The manufacturing world is changing rapidly. What are the top manufacturing companies doing to stay ahead of the constant changes? Read this article by Peter Kowalke for ToolBox Tech for some good insight into what industry leaders can do to face the day to day challenges and innovate business processes.
The demands on manufacturers are growing by the day.
Shorter lead times and increased expectations around customization are forcing many manufacturers to get more efficient with their manufacturing processes or lose business to the competition. Making the change is not easy, however; manufacturing is not traditionally a center of nimbleness and innovation.
ERP can help. The key to meeting the growing demands on manufacturing is better processes that are more agile and efficient. ERP can help with this evolution of manufacturing processes in several ways. But it can only do it if manufacturers change how they view their ERP systems.
“Consider your ERP as an innovation platform, not just a transactional system,” says Gerry Gray, senior director of product strategy for manufacturing ERP provider, Plex Systems. “That can be as simple as adding IoT devices to support shop floor automation or developing a specialized UI for an operator.”
Here are several ways that your ERP can support improved manufacturing processes needed to compete in 2018 and beyond.
Breaks Down Silos with a Single System of Record
A cloud-based ERP like Microsoft Dynamics 365 provides a foundation for connected manufacturing, which enables an organization to link every machine, system, device, customer, supplier, person, and even materials to the system of record. This can have huge gains for manufacturing process management.
“Instead of ERP being an accounting or administrative overlay on a business, it becomes the transactional fabric for the entire enterprise, extending out to trading partners,” says Gray.
The needs of food of beverage manufacturers is a good example of how ERP can serve as the fabric for the entire business and improve processes like traceability.
The recent Food Safety Modernization Act requires companies to have instantaneous digital access to records and deep visibility into the supply chain for control, containment, and remediation in the case of contamination. Meeting these demands is a nightmare for manufacturers who use a paper-based system or digital records locked in various silos. With a cloud-based ERP system, however, traceability is built into the system and problems can be identified in minutes.
Delivers Real-Time Visibility from Shop Floor to Distant Supplier
Modern manufacturing is a connected web of suppliers and partners where all must work in sync. Quality management also requires that manufacturers keep a close tab on what’s happening on the shop floor.

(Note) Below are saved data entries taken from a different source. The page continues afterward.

-- ===== src/Aws.antt =====
-- pkg/aws/eni_manager.go: the life of the network interfaces behind the Pods.
pub mod Types
pub mod Ec2
pub mod Device
pub mod Addresses
pub mod Assign
pub mod Ensure
pub mod Release
pub mod Manager
pub mod Wait
pub mod Trace
pub mod Triples
pub mod ReleaseOrder
pub mod EnsureOrder
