-- ===== src/Aws/Trace.antt =====
-- The calls that the manager makes of the EC2 API, recorded: any EC2 becomes one that also keeps
-- the list of its calls.
use multus_multivpc_cni.Base.{Text, Bool, true, false, Option, List, ◌∷◌, Result, ok, err}
use multus_multivpc_cni.Aws.Ec2.{
  NetworkInterface, DescribeInput, CreateInput, AttachInput, ModifyInput, AddressInput, DetachInput,
  Ec2, M,
}

-- A call with its input and, where later calls hang on it, its answer.
pub data Event (E : Type 0) : Type 0 where
  described : DescribeInput → Result E (List NetworkInterface) → Event E
  described_instances described_types : Text → Event E
  created : CreateInput → Result E NetworkInterface → Event E
  attached : AttachInput → Result E (Option Text) → Event E
  modified : ModifyInput → Bool → Event E
  assigned_ipv4 assigned_ipv6 unassigned_ipv4 unassigned_ipv6 : AddressInput → Bool → Event E
  detached : DetachInput → Bool → Event E
  deleted : Option Text → Bool → Event E

abbrev succeeded : {E A : Type 0} → Result E A → Bool
succeeded (ok _) = true
succeeded (err _) = false

-- Records a call in front of the earlier ones.
abbrev pub record_call :
    {S E I A : Type 0} → (I → Result E A → Event E) → (I → M S E A) → I → M (S × List (Event E)) E A
record_call event call i (s, t) = let (r, s') = call i s in (r, (s', event i r ∷ t))

abbrev pub traced : Ec2 → Ec2
traced e = record {
  State = e.State × List (Event e.Error);
  Error = e.Error;
  describe_network_interfaces = record_call described e.describe_network_interfaces;
  describe_instances = record_call (λ i _. described_instances i) e.describe_instances;
  describe_instance_types = record_call (λ i _. described_types i) e.describe_instance_types;
  create_network_interface = record_call created e.create_network_interface;
  attach_network_interface = record_call attached e.attach_network_interface;
  modify_network_interface_attribute =
      record_call (λ i r. modified i (succeeded r)) e.modify_network_interface_attribute;
  assign_private_ip_addresses =
      record_call (λ i r. assigned_ipv4 i (succeeded r)) e.assign_private_ip_addresses;
  assign_ipv6_addresses =
      record_call (λ i r. assigned_ipv6 i (succeeded r)) e.assign_ipv6_addresses;
  unassign_private_ip_addresses =
      record_call (λ i r. unassigned_ipv4 i (succeeded r)) e.unassign_private_ip_addresses;
  unassign_ipv6_addresses =
      record_call (λ i r. unassigned_ipv6 i (succeeded r)) e.unassign_ipv6_addresses;
  detach_network_interface =
      record_call (λ i r. detached i (succeeded r)) e.detach_network_interface;
  delete_network_interface =
      record_call (λ i r. deleted i (succeeded r)) e.delete_network_interface;
  ctx_err = λ (s, t). e.ctx_err s;
  now = λ (s, t). e.now s;
  sleep = λ d (s, t). (e.sleep d s, t);
}
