-- ===== src/Aws/Triples.antt =====
-- Rules for the calls that the manager makes of a recorded EC2. `stage` reads off the calls made so
-- far, the last of which stands first, how far a method has come; one stage stands for a violation.
use multus_multivpc_cni.Base.{List, Result, ok, err, ◌≢◌}
use multus_multivpc_cni.Aws.Ec2.{Ec2, M, ◌>>=◌}
use multus_multivpc_cni.Aws.Trace.{Event}

abbrev pub Traced : Ec2 → Type 0
Traced e = e.State × List (Event e.Error)

module _ (e : Ec2) {P : Type 0} (stage : List (Event e.Error) → P) (violated : P) where
  -- A method that succeeds ends in a stage with the property, and one that fails without violation.
  abbrev pub Post : {X A : Type 0} → (A → P → Type 0) → Result X A × Traced e → Type 0
  Post Q (ok a, (s, t)) = Q a (stage t)
  Post Q (err x, (s, t)) = stage t ≢ violated

  abbrev pub Triple : {X A : Type 0} → (P → Type 0) → M (Traced e) X A → (A → P → Type 0) → Type 0
  Triple R m Q = (s : e.State) (t : List (Event e.Error)) → R (stage t) → Post Q (m (s, t))

  pub Triple-bind :
      {X A B : Type 0} (R : P → Type 0) (m : M (Traced e) X A) (Q : A → P → Type 0)
      (f : A → M (Traced e) X B) (T : B → P → Type 0)
      → Triple R m Q
      → ((a : A) → Triple (Q a) (f a) T)
      → Triple R (m >>= f) T
  Triple-bind {X} {A} {B} R m Q f T hm hf s t p = go (m (s, t)) (hm s t p)
    where
      go :
          (x : Result X A × Traced e)
          → Post Q x
          → Post {X = X} T (let (r, s') = x in elim r [ ok a ↦ f a s' | err y ↦ (err y, s') ])
      go (ok a, (s', t')) q = hf a s' t' q
      go (err y, (s', t')) q = q
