-- ===== src/Aws/Assign.antt =====
-- Which addresses `assignIPAddresses` and `unassignIPAddresses` of pkg/aws/eni_manager.go ask for.
use multus_multivpc_cni.Base.{
  Text, text_eq, Bool, true, false, not, List, [], ◌∷◌, Result, ok, err, ◌≡◌, ◌↔◌, refl, arith,
  contains, In, In-keep, Any, map, Option, none, some, Option-cases, inl, inr,
}
use multus_multivpc_cni.Aws.Types.{SyncRequest}
use multus_multivpc_cni.Aws.Ec2.{
  PrivateIpAddress, NetworkInterface, AddressInput, Ec2, M, AwsError, assign_ipv4_addresses,
  assign_ipv6_addresses, unassign_ipv4, unassign_ipv6, wrap, ◌>>◌,
}
use multus_multivpc_cni.Aws.Triples.{Traced}
use multus_multivpc_cni.Aws.Addresses.{
  existing_ipv4, existing_ipv6, secondary_ipv4, to_assign, assign_ipv4, assign_ipv6,
  assign_ip_addresses, unless_empty, unassign_secondary, unassign_all_ipv6, unassign_ip_addresses,
  to_string, to_bool,
}
use multus_multivpc_cni.Aws.Trace.{
  Event, assigned_ipv4, assigned_ipv6, unassigned_ipv4, unassigned_ipv6, traced,
}

contains_iff : (ip : Text) (ips : List Text) → (contains ips ip ≡ true) ↔ In ip ips
contains_iff ip [] = ground arith
contains_iff ip (x ∷ ips) = ground (arith, contains_iff ip ips)

-- The addresses that an interface has.
abbrev pub HasIpv4 : NetworkInterface → Text → Type 0
HasIpv4 eni ip = Any (λ a. a.private_ip_address ≡ some ip) eni.private_ip_addresses

abbrev pub HasIpv6 : NetworkInterface → Text → Type 0
HasIpv6 eni ip = Any (λ a. a ≡ some ip) eni.ipv6_addresses

existing_ipv4_iff :
    (addrs : List PrivateIpAddress) (ip : Text)
    → In ip (existing_ipv4 addrs) ↔ Any (λ a. a.private_ip_address ≡ some ip) addrs
unfolding existing_ipv4
existing_ipv4_iff [] ip = ground arith
existing_ipv4_iff (a ∷ addrs) ip = elim (Option-cases a.private_ip_address) [
  | inl e ↦ ground (arith, existing_ipv4_iff addrs ip)
  | inr (x, e) ↦ ground (arith, existing_ipv4_iff addrs ip)
]

existing_ipv6_iff :
    (addrs : List (Option Text)) (ip : Text)
    → In ip (existing_ipv6 addrs) ↔ Any (λ a. a ≡ some ip) addrs
unfolding existing_ipv6
existing_ipv6_iff [] ip = ground arith
existing_ipv6_iff (none ∷ addrs) ip = ground (arith, existing_ipv6_iff addrs ip)
existing_ipv6_iff (some x ∷ addrs) ip = ground (arith, existing_ipv6_iff addrs ip)

-- An address that is wanted and that the interface lacks.
abbrev pub IsLacking : (Text → Type 0) → List Text → Text → Type 0
IsLacking Has wanted ip = In ip wanted × ¬ Has ip

to_assign_iff :
    (Has : Text → Type 0) (existing wanted : List Text) (ip : Text)
    → In ip existing ↔ Has ip
    → In ip (to_assign existing wanted) ↔ IsLacking Has wanted ip
to_assign_iff Has existing wanted ip has =
    ground (arith, In-keep (λ x. not (contains existing x)) ip wanted, contains_iff ip existing)

-- The addresses that are taken away are those of the entries that are not primary.
secondary_ipv4_iff :
    (addrs : List PrivateIpAddress) (ip : Text)
    → In ip (secondary_ipv4 addrs)
      ↔ Any (λ a. (to_bool a.primary ≡ false) × (to_string a.private_ip_address ≡ ip)) addrs
unfolding secondary_ipv4
secondary_ipv4_iff [] ip = ground arith
secondary_ipv4_iff (a ∷ addrs) ip = ground (arith, secondary_ipv4_iff addrs ip)

-- The calls after a step that makes one call about some addresses, and none if there are no
-- addresses.
abbrev pub logged :
    {E : Type 0} → (List Text → Bool → Event E) → List Text → Bool → List (Event E) → List (Event E)
logged event [] good calls = calls
logged event (ip ∷ ips) good calls = event (ip ∷ ips) good ∷ calls

module _ (e : Ec2) where
  abbrev pub about : NetworkInterface → List Text → AddressInput
  about eni ips = record { network_interface_id = eni.network_interface_id; addresses = ips }

  abbrev pub adding_ipv4 : NetworkInterface → List Text → Bool → Event e.Error
  adding_ipv4 eni ips = assigned_ipv4 (about eni ips)

  abbrev pub adding_ipv6 : NetworkInterface → List Text → Bool → Event e.Error
  adding_ipv6 eni ips = assigned_ipv6 (about eni ips)

  abbrev pub removing_ipv4 : NetworkInterface → List Text → Bool → Event e.Error
  removing_ipv4 eni ips = unassigned_ipv4 (about eni ips)

  abbrev pub removing_ipv6 : NetworkInterface → List Text → Bool → Event e.Error
  removing_ipv6 eni ips = unassigned_ipv6 (about eni ips)

  -- The outcome of one step: success and failure are those of its call.
  abbrev Steps :
      (List Text → Bool → Event e.Error)
      → List Text
      → List (Event e.Error)
      → Result (AwsError e.Error) (Unit {0}) × Traced e
      → Type 0
  Steps event ips calls (ok _, (s, t)) = t ≡ logged event ips true calls
  Steps event ips calls (err _, (s, t)) = t ≡ logged event ips false calls

  assign_ipv4-Steps :
      (eni : NetworkInterface) (wanted : List Text) (s : e.State) (t : List (Event e.Error))
      → Steps
          (adding_ipv4 eni)
          (to_assign (existing_ipv4 eni.private_ip_addresses) wanted)
          t
          (assign_ipv4 (traced e) eni wanted (s, t))
  unfolding assign_ipv4
  assign_ipv4-Steps eni [] s t = refl
  assign_ipv4-Steps eni (ip ∷ wanted) s t =
      call (to_assign (existing_ipv4 eni.private_ip_addresses) (ip ∷ wanted))
    where
      call :
          (ips : List Text)
          → Steps (adding_ipv4 eni) ips t (
              unless_empty ips
                (λ xs.
                  wrap assign_ipv4_addresses
                    ((traced e).assign_private_ip_addresses (about eni xs)))
                (s, t))
      call [] = refl
      call (x ∷ xs) = ground arith

  assign_ipv6-Steps :
      (eni : NetworkInterface) (wanted : List Text) (s : e.State) (t : List (Event e.Error))
      → Steps
          (adding_ipv6 eni)
          (to_assign (existing_ipv6 eni.ipv6_addresses) wanted)
          t
          (assign_ipv6 (traced e) eni wanted (s, t))
  unfolding assign_ipv6
  assign_ipv6-Steps eni [] s t = refl
  assign_ipv6-Steps eni (ip ∷ wanted) s t =
      call (to_assign (existing_ipv6 eni.ipv6_addresses) (ip ∷ wanted))
    where
      call :
          (ips : List Text)
          → Steps (adding_ipv6 eni) ips t (
              unless_empty ips
                (λ xs. wrap assign_ipv6_addresses ((traced e).assign_ipv6_addresses (about eni xs)))
                (s, t))
      call [] = refl
      call (x ∷ xs) = ground arith

  unassign_secondary-Steps :
      (eni : NetworkInterface) (s : e.State) (t : List (Event e.Error))
      → Steps
          (removing_ipv4 eni)
          (secondary_ipv4 eni.private_ip_addresses)
          t
          (unassign_secondary (traced e) eni (s, t))
  unfolding unassign_secondary
  unassign_secondary-Steps eni s t = call (secondary_ipv4 eni.private_ip_addresses)
    where
      call :
          (ips : List Text)
          → Steps (removing_ipv4 eni) ips t (
              unless_empty ips
                (λ xs. wrap unassign_ipv4 ((traced e).unassign_private_ip_addresses (about eni xs)))
                (s, t))
      call [] = refl
      call (x ∷ xs) = ground arith

  unassign_all_ipv6-Steps :
      (eni : NetworkInterface) (s : e.State) (t : List (Event e.Error))
      → Steps
          (removing_ipv6 eni)
          (map to_string eni.ipv6_addresses)
          t
          (unassign_all_ipv6 (traced e) eni (s, t))
  unfolding unassign_all_ipv6
  unassign_all_ipv6-Steps eni s t = call (map to_string eni.ipv6_addresses)
    where
      call :
          (ips : List Text)
          → Steps (removing_ipv6 eni) ips t (
              unless_empty ips
                (λ xs. wrap unassign_ipv6 ((traced e).unassign_ipv6_addresses (about eni xs)))
                (s, t))
      call [] = refl
      call (x ∷ xs) = ground arith

  -- Two steps in a row.
  Steps-bind :
      (ev4 ev6 : List Text → Bool → Event e.Error) (ips4 ips6 : List Text)
      (m k : M (Traced e) (AwsError e.Error) (Unit {0})) (s : e.State)
      → Steps ev4 ips4 [] (m (s, []))
      → ((s' : e.State) (t' : List (Event e.Error)) → Steps ev6 ips6 t' (k (s', t')))
      → (((m >> k) (s, [])).0 ≡ ok tt)
      → ((m >> k) (s, [])).1.1 ≡ logged ev6 ips6 true (logged ev4 ips4 true [])
  Steps-bind ev4 ev6 ips4 ips6 m k s = go (m (s, []))
    where
      go :
          (x : Result (AwsError e.Error) (Unit {0}) × Traced e)
          → Steps ev4 ips4 [] x
          → ((s' : e.State) (t' : List (Event e.Error)) → Steps ev6 ips6 t' (k (s', t')))
          → let y : Result (AwsError e.Error) (Unit {0}) × Traced e =
              let (r, s') = x in elim r [ ok a ↦ k s' | err b ↦ (err b, s') ] in
            (y.0 ≡ ok tt) → y.1.1 ≡ logged ev6 ips6 true (logged ev4 ips4 true [])
      go (ok a, (s', t')) hm hk h = ground (arith, hk s' t')
      go (err b, s') hm hk h = cc

  -- The calls of an `assignIPAddresses` that succeeds: at most one for IPv4 and then one for IPv6,
  -- each for the wanted addresses that the interface lacks, and none where it lacks none.
  pub assign_ip_addresses_calls :
      (eni : NetworkInterface) (req : SyncRequest) (s : e.State)
      → (assign_ip_addresses (traced e) eni req (s, [])).0 ≡ ok tt
      → (ips4 : List Text) × (ips6 : List Text) × ((ip : Text)
          → In ip ips4 ↔ IsLacking (HasIpv4 eni) req.ipv4_addresses ip)
        × ((ip : Text) → In ip ips6 ↔ IsLacking (HasIpv6 eni) req.ipv6_addresses ip)
        × ((assign_ip_addresses (traced e) eni req (s, [])).1.1
            ≡ logged (adding_ipv6 eni) ips6 true (logged (adding_ipv4 eni) ips4 true []))
  unfolding assign_ip_addresses
  assign_ip_addresses_calls eni req s h = (
    to_assign (existing_ipv4 eni.private_ip_addresses) req.ipv4_addresses,
    to_assign (existing_ipv6 eni.ipv6_addresses) req.ipv6_addresses,
    λ ip.
        to_assign_iff (HasIpv4 eni) (existing_ipv4 eni.private_ip_addresses) req.ipv4_addresses ip
          (existing_ipv4_iff eni.private_ip_addresses ip),
    λ ip.
        to_assign_iff (HasIpv6 eni) (existing_ipv6 eni.ipv6_addresses) req.ipv6_addresses ip
          (existing_ipv6_iff eni.ipv6_addresses ip),
    Steps-bind (adding_ipv4 eni) (adding_ipv6 eni) _ _
        (assign_ipv4 (traced e) eni req.ipv4_addresses)
        (assign_ipv6 (traced e) eni req.ipv6_addresses) s
        (assign_ipv4-Steps eni req.ipv4_addresses s []) (assign_ipv6-Steps eni req.ipv6_addresses)
        h,
  )

  -- The calls of an `unassignIPAddresses` that succeeds: at most one for the IPv4 addresses that are
  -- not primary, and then one for all IPv6 addresses.
  pub unassign_ip_addresses_calls :
      (eni : NetworkInterface) (s : e.State)
      → (unassign_ip_addresses (traced e) eni (s, [])).0 ≡ ok tt
      → (ips4 : List Text) × ((ip : Text)
          → In ip ips4
            ↔ Any
                (λ a. (to_bool a.primary ≡ false) × (to_string a.private_ip_address ≡ ip))
                eni.private_ip_addresses)
        × ((unassign_ip_addresses (traced e) eni (s, [])).1.1
            ≡ logged
                (removing_ipv6 eni)
                (map to_string eni.ipv6_addresses)
                true
                (logged (removing_ipv4 eni) ips4 true []))
  unfolding unassign_ip_addresses
  unassign_ip_addresses_calls eni s h = (
    secondary_ipv4 eni.private_ip_addresses,
    secondary_ipv4_iff eni.private_ip_addresses,
    Steps-bind (removing_ipv4 eni) (removing_ipv6 eni) _ _ (unassign_secondary (traced e) eni)
        (unassign_all_ipv6 (traced e) eni) s (unassign_secondary-Steps eni s [])
        (unassign_all_ipv6-Steps eni) h,
  )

ERP systems like Microsoft Dynamics 365 can improve manufacturing processes by delivering much-needed visibility in real-time to keep every part of this process working smoothly. ERP systems can connect directly with suppliers and partner systems to create better integration.
“For all manufacturers, downtime is a costly business and reducing or eliminating unnecessary downtime, especially supply chain disruption, is critical to any manufacturing operation,” says Andres Richter, CEO of manufacturing ERP provider, Priority Software. “An ERP system enables manufacturers to effectively gain control and insight into their supply chain, minimizing the risk and costs incurred by system downtime.”
It also helps manufacturers get better visibility within their own business.
“ERP enables manufacturers to achieve measurable results on the shop floor, giving them the tools they need to keep up with market requirements, make changes in real-time and yield high quality results on every end product,” notes Richter. “Simply put, EVERY change made in the engineering phase is directly visible on the product floor. This is by far one of the key benefits of an ERP system.”
Creates a Culture of Best Practices
Constant improvement of manufacturing processes is a hallmark of the successful manufacturer, and that’s more important than ever before thanks to the pace of business. This requires both identifying inefficiency, and communicating it across an organization through the transmission of best practices.
“ERP has always offered the promise that manufacturers can implement and continuously improve processes and practices, reflected and supported by ERP,” says Carter Lloyds, chief marketing officer for manufacturing ERP maker, QAD.
What’s held back manufacturers has been inflexible legacy ERP systems, though. But that’s changing with cloud-based ERP solutions, says Lloyds, and manufacturers can now more easily fine-tune processes and promulgate best practices through advanced technologies such as IoT and machine learning, buttressed by easy interfaces to an ERP system.
Best practices can be encoded in a company’s ERP system, and everyone from the CEO down to production line workers can access this information through the system.
Very few manufacturers only do business in a single currency any longer. Supply chains wrap around the world, and opportunities to do new business and obtain new material often come from outside the factory’s country borders.
Modern ERP systems can help manufacturers better handle this international component and develop more complex processes that take advantage of global opportunities.
“At the country level, tariff, trade and taxation rules are in constant flux,” says Lloyds. “An ERP that is kept abreast of changes in local financial and global trade rules doesn’t just help the manufacturer stay in compliance, it helps the manufacturer cash in on business opportunities across the value chain.”